A court ordered a French museum on Thursday to return a painting by the Irish-born painter Francis Bacon to his heirs.

The work, a homage to an earlier self-portrait by Vincent Van Gogh had been loaned to the museum of the Van Gogh Foundation in Arles, southern France, in 1991, a year before Bacon’s death, and was never returned.

Bacon’s work, “Homage to Van Gogh”, was a version of the Dutch Expressionist’s “The Painter on the Road to Tarascon”, which was painted near Arles in 1888.

An appeals court in nearby Aix-en-Provence ordered the foundation to return the painting to the heirs of John Edwards, Bacon’s friend and main heir who died in 2003.

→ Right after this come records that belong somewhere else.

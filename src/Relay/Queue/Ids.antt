-- ===== src/Relay/Queue/Ids.antt =====
-- The two spellings of an envelope's id, `hexToUuid` and `uuidToHex`.
use Prim.Native.Nat.add
use mathlib.Core.List.{append_assoc, map-append}
use crypto_pigeon.Prelude.{
  ℕ, zero, suc, ◌+◌, ◌-◌, ◌≤◌, ◌≡◌, ◌≢◌, refl, ◌∙◌, true, false, [], ◌∷◌, ◌++◌, arith, Text, lower,
  lower-lower, contains, take, drop, slice, length, remove,
}
use crypto_pigeon.Relay.Queue.{dash, hex_to_uuid, uuid_to_hex, message_id}

remove-append : (c : ℕ) (s t : Text) → remove c (s ++ t) ≡ remove c s ++ remove c t
remove-append c [] t = refl
remove-append c (d ∷ s) t = ground (arith, remove-append c s t)

remove_absent : (c : ℕ) (s : Text) → contains c s ≡ false → remove c s ≡ s
remove_absent c [] h = refl
remove_absent c (d ∷ s) h = ground (arith, remove_absent c s)

contains-remove : (c : ℕ) (s : Text) → contains c (remove c s) ≡ false
contains-remove c [] = refl
contains-remove c (d ∷ s) = ground (arith, contains-remove c s)

-- A dash is no letter, so lower case neither makes nor removes one.
contains-dash-lower : (s : Text) → contains dash (lower s) ≡ contains dash s
contains-dash-lower [] = refl
contains-dash-lower (d ∷ s) = ground (arith, contains-dash-lower s)

remove-dash-lower : (s : Text) → remove dash (lower s) ≡ lower (remove dash s)
remove-dash-lower [] = refl
remove-dash-lower (d ∷ s) = ground (arith, remove-dash-lower s)

take-append-drop : (n : ℕ) (s : Text) → take n s ++ drop n s ≡ s
take-append-drop zero s = refl
take-append-drop (suc n) [] = refl
take-append-drop (suc n) (c ∷ s) = ground (arith, take-append-drop n s)

drop-drop : (m n : ℕ) (s : Text) → drop m (drop n s) ≡ drop (n + m) s
drop-drop m zero s = rw add.zero
drop-drop zero (suc n) [] = rw add.suc
drop-drop (suc m) (suc n) [] = rw add.suc
drop-drop m (suc n) (c ∷ s) = rw add.suc (drop-drop m n s)

take-drop-append : (n k : ℕ) (s : Text) → take k (drop n s) ++ drop (n + k) s ≡ drop n s
take-drop-append n k s = rw (← drop-drop k n s) (take-append-drop k (drop n s))

take_all : (n : ℕ) (s : Text) → length s ≤ n → take n s ≡ s
take_all zero [] h = refl
take_all (suc n) [] h = refl
take_all zero (c ∷ s) h = absurd (omega arith)
take_all (suc n) (c ∷ s) h = ground (arith, take_all n s)

length-drop : (n : ℕ) (s : Text) → length (drop n s) ≡ length s - n
length-drop zero s = omega arith
length-drop (suc n) [] = omega arith
length-drop (suc n) (c ∷ s) = omega (arith, length-drop n s)

abbrev joined : Text → Text → Text → Text → Text → Text
joined a b c d e = a ++ (b ++ (c ++ (d ++ e)))

-- The five groups of a text of 32 characters are the text.
slices-join :
    (s : Text)
    → length s ≡ 32
    → joined (slice 0 8 s) (slice 8 12 s) (slice 12 16 s) (slice 16 20 s) (slice 20 32 s) ≡ s
slices-join s h =
    rw
      (
        take_all 12 (drop 20 s) (omega (arith, length-drop 20 s)),
        take-drop-append 16 4 s,
        take-drop-append 12 4 s,
        take-drop-append 8 4 s,
      )
      (take-append-drop 8 s)

remove_dashes :
    (a b c d e : Text)
    → remove dash (a ++ (dash ∷ b) ++ (dash ∷ c) ++ (dash ∷ d) ++ (dash ∷ e))
      ≡ remove dash (joined a b c d e)
remove_dashes a b c d e = simp (remove-append, append_assoc)

-- A 32-digit id comes back from the database as it was sent, in lower case.
pub uuid_to_hex-hex_to_uuid :
    (s : Text) → length s ≡ 32 → contains dash s ≡ false → uuid_to_hex (hex_to_uuid s) ≡ lower s
unfolding uuid_to_hex hex_to_uuid
uuid_to_hex-hex_to_uuid s h k = rw k (
    rw remove-dash-lower
      (rw lower-lower (rw remove_dashes (rw (slices-join s h) (rw (remove_absent dash s k))))))

take-lower : (n : ℕ) (s : Text) → take n (lower s) ≡ lower (take n s)
take-lower zero s = refl
take-lower (suc n) [] = refl
take-lower (suc n) (c ∷ s) = ground (arith, take-lower n s)

drop-lower : (n : ℕ) (s : Text) → drop n (lower s) ≡ lower (drop n s)
drop-lower zero s = refl
drop-lower (suc n) [] = refl
drop-lower (suc n) (c ∷ s) = drop-lower n s

message_id-lower : (s : Text) → contains dash s ≡ false → message_id (lower s) ≡ message_id s
unfolding message_id hex_to_uuid
message_id-lower s k =
    rw contains-dash-lower (rw k (simp (take-lower, drop-lower, map-append, lower-lower)))

-- The id under which a 32-digit envelope is fetched acknowledges that envelope.
pub message_id-uuid_to_hex :
    (s : Text)
    → length s ≡ 32
    → contains dash s ≡ false
    → message_id (uuid_to_hex (hex_to_uuid s)) ≡ message_id s
message_id-uuid_to_hex s h k = rw (uuid_to_hex-hex_to_uuid s h k) (message_id-lower s k)

-- An id that is sent as a UUID, with dashes, is fetched under another spelling.
pub uuid_to_hex-message_id_ne : (s : Text) → contains dash s ≡ true → uuid_to_hex (message_id s) ≢ s
unfolding uuid_to_hex
uuid_to_hex-message_id_ne s h e =
    let absent =
      contains-dash-lower (remove dash (message_id s)) ∙ contains-remove dash (message_id s) in
    cc absent

uuid_to_hex-lower : (t : Text) → uuid_to_hex (lower t) ≡ uuid_to_hex t
unfolding uuid_to_hex
uuid_to_hex-lower t = rw remove-dash-lower (rw lower-lower)

pub uuid_to_hex-message_id :
    (s : Text) → length s ≡ 32 → contains dash s ≡ false → uuid_to_hex (message_id s) ≡ lower s
unfolding message_id
uuid_to_hex-message_id s h k = uuid_to_hex-lower (hex_to_uuid s) ∙ uuid_to_hex-hex_to_uuid s h k
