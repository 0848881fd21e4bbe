-- ===== src/Relay/Queue/Delivery.antt =====
-- What a send stores in the queue, once or again.
use crypto_pigeon.Prelude.{
  ℕ, ◌≡◌, refl, ap, Bool, true, false, Option, none, some, List, [], ◌∷◌, arith, Text, text_eq,
  text_eq_refl, any, Bool-cases, inl, inr,
}
use crypto_pigeon.Prelude.Rows.Laws.{any-append}
use crypto_pigeon.Relay.Db.{Uuid, Message, Db}
use crypto_pigeon.Relay.Sockets.{Net}
use crypto_pigeon.Relay.Conversations.{permitted}
use crypto_pigeon.Relay.Queue.{
  SendBody, Reply, queued, is_ephemeral, user_of, row_of, message_id, insert_message, deliver,
  push_ephemeral, send_between, send,
}

-- What a successful storing send has established.
pub record IsStored (now : ℕ) (sender : Uuid) (body : SendBody) (db : Db) (net : Net) : Type 0 where
  pub user_one : Uuid
  pub user_two : Uuid
  pub sender_user : user_of sender db.devices ≡ some user_one
  pub recipient_user : user_of body.mailbox_id db.devices ≡ some user_two
  pub allowed : permitted user_one user_two db.permissions ≡ true
  pub durable : is_ephemeral body ≡ false
  pub reply : (send now sender body (db, net)).0 ≡ queued

deliver-stores :
    (now : ℕ) (sender : Uuid) (body : SendBody) (db : Db) (net : Net) (p : Message → Bool)
    → any p db.messages ≡ false
    → any p (deliver now sender body (db, net)).1.messages ≡ true
    → (is_ephemeral body ≡ false) × ((deliver now sender body (db, net)).0 ≡ queued)
unfolding deliver
deliver-stores now sender body db net p old new = ground arith

send_between-stores :
    (now : ℕ) (sender : Uuid) (body : SendBody) (o1 o2 : Option Uuid) (db : Db) (net : Net)
    (p : Message → Bool)
    → any p db.messages ≡ false
    → any p (send_between now sender body o1 o2 (db, net)).1.messages ≡ true
    → (u1 : Uuid) × (u2 : Uuid) × (o1 ≡ some u1)
      × (o2 ≡ some u2)
      × (permitted u1 u2 db.permissions ≡ true)
      × (is_ephemeral body ≡ false)
      × ((send_between now sender body o1 o2 (db, net)).0 ≡ queued)
unfolding send_between
send_between-stores now sender body none o2 db net p old new = absurd (cc (old, new))
send_between-stores now sender body (some u1) none db net p old new = absurd (cc (old, new))
send_between-stores now sender body (some u1) (some u2) db net p old new =
    elim (Bool-cases (permitted u1 u2 db.permissions)) [
      | inl e ↦
          let stored = deliver-stores now sender body db net p old (rw e at new) in
          (u1, u2, refl, refl, e, stored.0, rw e stored.1)
      | inr e ↦ absurd (cc (old, (rw e at new)))
    ]

-- A row that a send adds to the queue is added only for a pair of users with an unrevoked permission,
-- never for a typing notice or a lifetime of ten seconds or less, and is answered as queued.
pub send_stores :
    (now : ℕ) (sender : Uuid) (body : SendBody) (db : Db) (net : Net) (p : Message → Bool)
    → any p db.messages ≡ false
    → any p (send now sender body (db, net)).1.messages ≡ true
    → IsStored now sender body db net
unfolding send
send_stores now sender body db net p old new =
    let (u1, u2, e1, e2, ok, durable, reply) =
      send_between-stores now sender body (user_of sender db.devices)
        (user_of body.mailbox_id db.devices) db net p old new in
    record {
      user_one = u1;
      user_two = u2;
      sender_user = e1;
      recipient_user = e2;
      allowed = ok;
      durable = durable;
      reply = reply;
    }

abbrev pub has_id : Text → List Message → Bool
has_id id rows = any (λ row. text_eq row.id id) rows

has_id-insert_message :
    (m : Message) (rows : List Message) → has_id m.id (insert_message m rows) ≡ true
unfolding insert_message
has_id-insert_message m rows =
    ground
      (arith, any-append (λ (row : Message). text_eq row.id m.id) rows (m ∷ []), text_eq_refl m.id)

insert_message_present :
    (m : Message) (rows : List Message) → has_id m.id rows ≡ true → insert_message m rows ≡ rows
unfolding insert_message
insert_message_present m rows h = rw h

insert_row_present :
    (now : ℕ) (sender : Uuid) (body : SendBody) (rows : List Message)
    → has_id (message_id body.envelope_id) rows ≡ true
    → insert_message (row_of now sender body) rows ≡ rows
unfolding row_of
insert_row_present now sender body rows h = insert_message_present (row_of now sender body) rows h

has_id-insert_row :
    (now : ℕ) (sender : Uuid) (body : SendBody) (rows : List Message)
    → has_id (message_id body.envelope_id) (insert_message (row_of now sender body) rows) ≡ true
unfolding row_of
has_id-insert_row now sender body rows = has_id-insert_message (row_of now sender body) rows

module _ (now : ℕ) (sender : Uuid) (body : SendBody) (db : Db) (net : Net) where
  deliver-has_id :
      (deliver now sender body (db, net)).0 ≡ queued
      → has_id (message_id body.envelope_id) (deliver now sender body (db, net)).1.messages ≡ true
  unfolding deliver push_ephemeral
  deliver-has_id q = ground (arith, has_id-insert_row now sender body db.messages)

  send_between-has_id :
      (o1 o2 : Option Uuid)
      → (send_between now sender body o1 o2 (db, net)).0 ≡ queued
      → has_id
          (message_id body.envelope_id)
          (send_between now sender body o1 o2 (db, net)).1.messages
        ≡ true
  unfolding send_between
  send_between-has_id none o2 q = absurd (cc q)
  send_between-has_id (some u1) none q = absurd (cc q)
  send_between-has_id (some u1) (some u2) q = ground (arith, deliver-has_id)

  deliver-present :
      has_id (message_id body.envelope_id) db.messages ≡ true
      → (deliver now sender body (db, net)).1.messages ≡ db.messages
  unfolding deliver
  deliver-present h = ground (arith, insert_row_present now sender body db.messages h)

  send_between-present :
      (o1 o2 : Option Uuid)
      → has_id (message_id body.envelope_id) db.messages ≡ true
      → (send_between now sender body o1 o2 (db, net)).1.messages ≡ db.messages
  unfolding send_between
  send_between-present none o2 h = refl
  send_between-present (some u1) none h = refl
  send_between-present (some u1) (some u2) h = ground (arith, deliver-present h)

-- Once an envelope has been queued, any later send under the same id, a retry or another sender's,
-- leaves the queue as it is.
pub send_again :
    (now now' : ℕ) (sender sender' : Uuid) (body body' : SendBody) (db db' : Db)
    (net net' net'' : Net)
    → send now sender body (db, net) ≡ (queued, db', net')
    → message_id body.envelope_id ≡ message_id body'.envelope_id
    → (send now' sender' body' (db', net'')).1.messages ≡ db'.messages
unfolding send
send_again now now' sender sender' body body' db db' net net' net'' first same =
    let o1 = user_of sender db.devices in
    let o2 = user_of body.mailbox_id db.devices in
    let row =
      send_between-has_id now sender body db net o1 o2 (ap (λ (r : Reply × Db × Net). r.0) first) in
    send_between-present now' sender' body' db' net'' (user_of sender' db'.devices)
      (user_of body'.mailbox_id db'.devices)
      (rw (← same, ← ap (λ (r : Reply × Db × Net). r.1) first) row)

This overturned an earlier court ruling that the painting could stay with the museum, which claimed it had evidence that Bacon meant to give it the work to keep.

“The painting was not given as a gift, nor was there any promise of a gift,” the court said in its ruling. “The association must therefore give back the painting without delay.”

The director of the foundation Mary Gruber said she was “in shock” after the ruling but added: “We will now bury the hatchet” with the heirs.

The foundation’s lawyer Bernard Jouanneau said a further appeal was possible but for the moment it would have to give the painting back.

The picture is currently on display in an exhibition at the foundation’s museum in Arles.